A similar method is used to link the appropriate picture into the hyper-program. The programmer selects the shark entry from the environment to display a representation of the picture. In this case it is the value itself rather than the environment location that is selected. The programmer indicates this by highlighting the picture window rather than the environment location. Figure 4.14 shows the display after the picture has been linked into the hyper-program:

Figure 4.14: Value linked into a hyper-program

The buttons embedded in this hyper-program are labelled with the identifiers from their environment entries. The identifiers are not significant to the meaning of the hyper-program and can be changed without affecting the program. They are used only as an aid to legibility. In some cases the system will not be able to find an appropriate label for a button, for example when the environment window pointing to the representation of the value bound in has been removed from the display. In such cases the label will be blank initially. To change the label on an embedded button the programmer presses it using mouse button 2. A dialogue then prompts for the new label.

The final stage in composing the hyper-program is to link in the procedure argument type. To do this the programmer highlights an existing value of the required type, accessed from the fishPics environment with the name fishTransformer. The programmer then selects show type from the background menu, highlights the resulting type window, and presses link in the hyper-program window. This sequence of actions results in the insertion of a button to represent the type. Figure 4.15 shows the situation before the link button is pressed.

Figure 4.15: Linking a type into a hyper-program

The programmer then gives the type button a name T, to make the program easier to read, and presses evaluate to compile and execute the hyper-program. The result of execution in this case is a new procedure value, a representation of which is automatically displayed by the browser as shown in Figure 4.16:

The new procedure value is now available for linking into other hyper-programs. This is another example of an ‘anonymous’ value: the system does not supply an initial label for any button denoting the value since there is no identifier associated with it. The procedure value has the hyper-program source code bound into it; this can be recalled later for examination and editing.

The programmer can now construct other hyper-programs that call the procedure. Alternatively the hyper-program might simply be made persistent for later use. Figure 4.17 shows a hyper-program that will link the new procedure into the persistent store. The button in the program denotes the procedure.

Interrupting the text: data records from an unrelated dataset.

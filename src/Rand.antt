-- ===== src/Rand.antt =====
-- The generator of xutil/src/utilrand.cpp, on words of 32 bits. Memory is filled as a little-endian
-- machine does.
mod Tests
use Prim.Native.Nat.{bit_xor}
use netpool.Base.{
  ℕ, zero, suc, ◌+◌, ◌*◌, ◌/◌, ◌%◌, ◌^◌, ◌≡◌, refl, arith, Option, none, some, List, [], ◌∷◌, ◌++◌,
  length, length-append, get_elem?,
}

-- The words x, y, z and w.
pub record Rand : Type 0 where
  pub x : ℕ
  pub y : ℕ
  pub z : ℕ
  pub w : ℕ

-- `rand_init`, with what time(), getpid() and clock() give, each as 32 bits.
pub rand_init : (time pid clock : ℕ) → Rand
rand_init time pid clock =
    let y = bit_xor pid pid in record { x = time; y = y; z = clock; w = bit_xor clock y }

-- `rand_next`.
pub rand_next : Rand → ℕ × Rand
rand_next r =
    let t = bit_xor r.x (r.x * 2 ^ 11 % 2 ^ 32) in
    let u = bit_xor t (t / 2 ^ 8) in
    let w = bit_xor (bit_xor r.w (r.w / 2 ^ 19)) u in
    (w, record { x = r.y; y = r.z; z = r.w; w = w })

-- So many low bytes of a word.
pub low_bytes : ℕ → (word : ℕ) → List ℕ
low_bytes zero word = []
low_bytes (suc n) word = word % 256 ∷ low_bytes n (word / 256)

-- `rand_str`: the bytes that it writes.
pub rand_str : (len : ℕ) → Rand → List ℕ × Rand
rand_str (suc (suc (suc (suc len)))) r =
    let (word, s) = rand_next r in let (rest, t) = rand_str len s in (low_bytes 4 word ++ rest, t)
rand_str (suc (suc len)) r =
    let (word, s) = rand_next r in let (rest, t) = rand_str len s in (low_bytes 2 word ++ rest, t)
rand_str (suc zero) r = let (word, s) = rand_next r in (low_bytes 1 word, s)
rand_str zero r = ([], r)

-- The letters and digits of `alphaset`, without the terminator.
abbrev pub alphaset : List ℕ
alphaset =
    97 ∷ 98 ∷ 99 ∷ 100 ∷ 101 ∷ 102 ∷ 103 ∷ 104 ∷ 105 ∷ 106 ∷ 107 ∷ 108 ∷ 109 ∷ 110 ∷ 111 ∷ 112 ∷ 113
    ∷ 114 ∷ 115 ∷ 116 ∷ 117 ∷ 118 ∷ 119 ∷ 48 ∷ 49 ∷ 50 ∷ 51 ∷ 52 ∷ 53 ∷ 54 ∷ 55 ∷ 56 ∷ []

-- `alphaset[tmp]`; behind the last letter stands the terminator.
pub letter : (tmp : ℕ) → ℕ
letter tmp = elim (get_elem? alphaset tmp) [ none ↦ 0 | some c ↦ c ]

-- The inner loop of `rand_alphastr`: a letter for each of so many bytes of the word.
pub letters : ℕ → (entropy : ℕ) → List ℕ
letters zero entropy = []
letters (suc n) entropy = letter (entropy % 256 / 2 ^ 3) ∷ letters n (entropy / 2 ^ 8)

-- `rand_alphastr`: four letters at a time; what is left is filled with numbers below sizeof(alphaset).
pub rand_alphastr : (len : ℕ) → Rand → List ℕ × Rand
rand_alphastr (suc (suc (suc (suc len)))) r =
    let (word, s) = rand_next r in
    let (rest, t) = rand_alphastr len s in (letters 4 word ++ rest, t)
rand_alphastr (suc len) r =
    let (word, s) = rand_next r in let (rest, t) = rand_alphastr len s in (word % 33 ∷ rest, t)
rand_alphastr zero r = ([], r)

Figure 4.17: Making a value persistent

The linking requirements with respect to the procedure and its components have been met. Because the picture value has been linked into the original hyper-program, and consequently into the closure of drawShark, the procedure will be unaffected by any subsequent update of the environment location containing the picture, or by the location being dropped from the environment. The location of displayFish has been linked, so dropping the location from the environment will not affect drawShark, but an update of the location will result in the new value being used inside drawShark.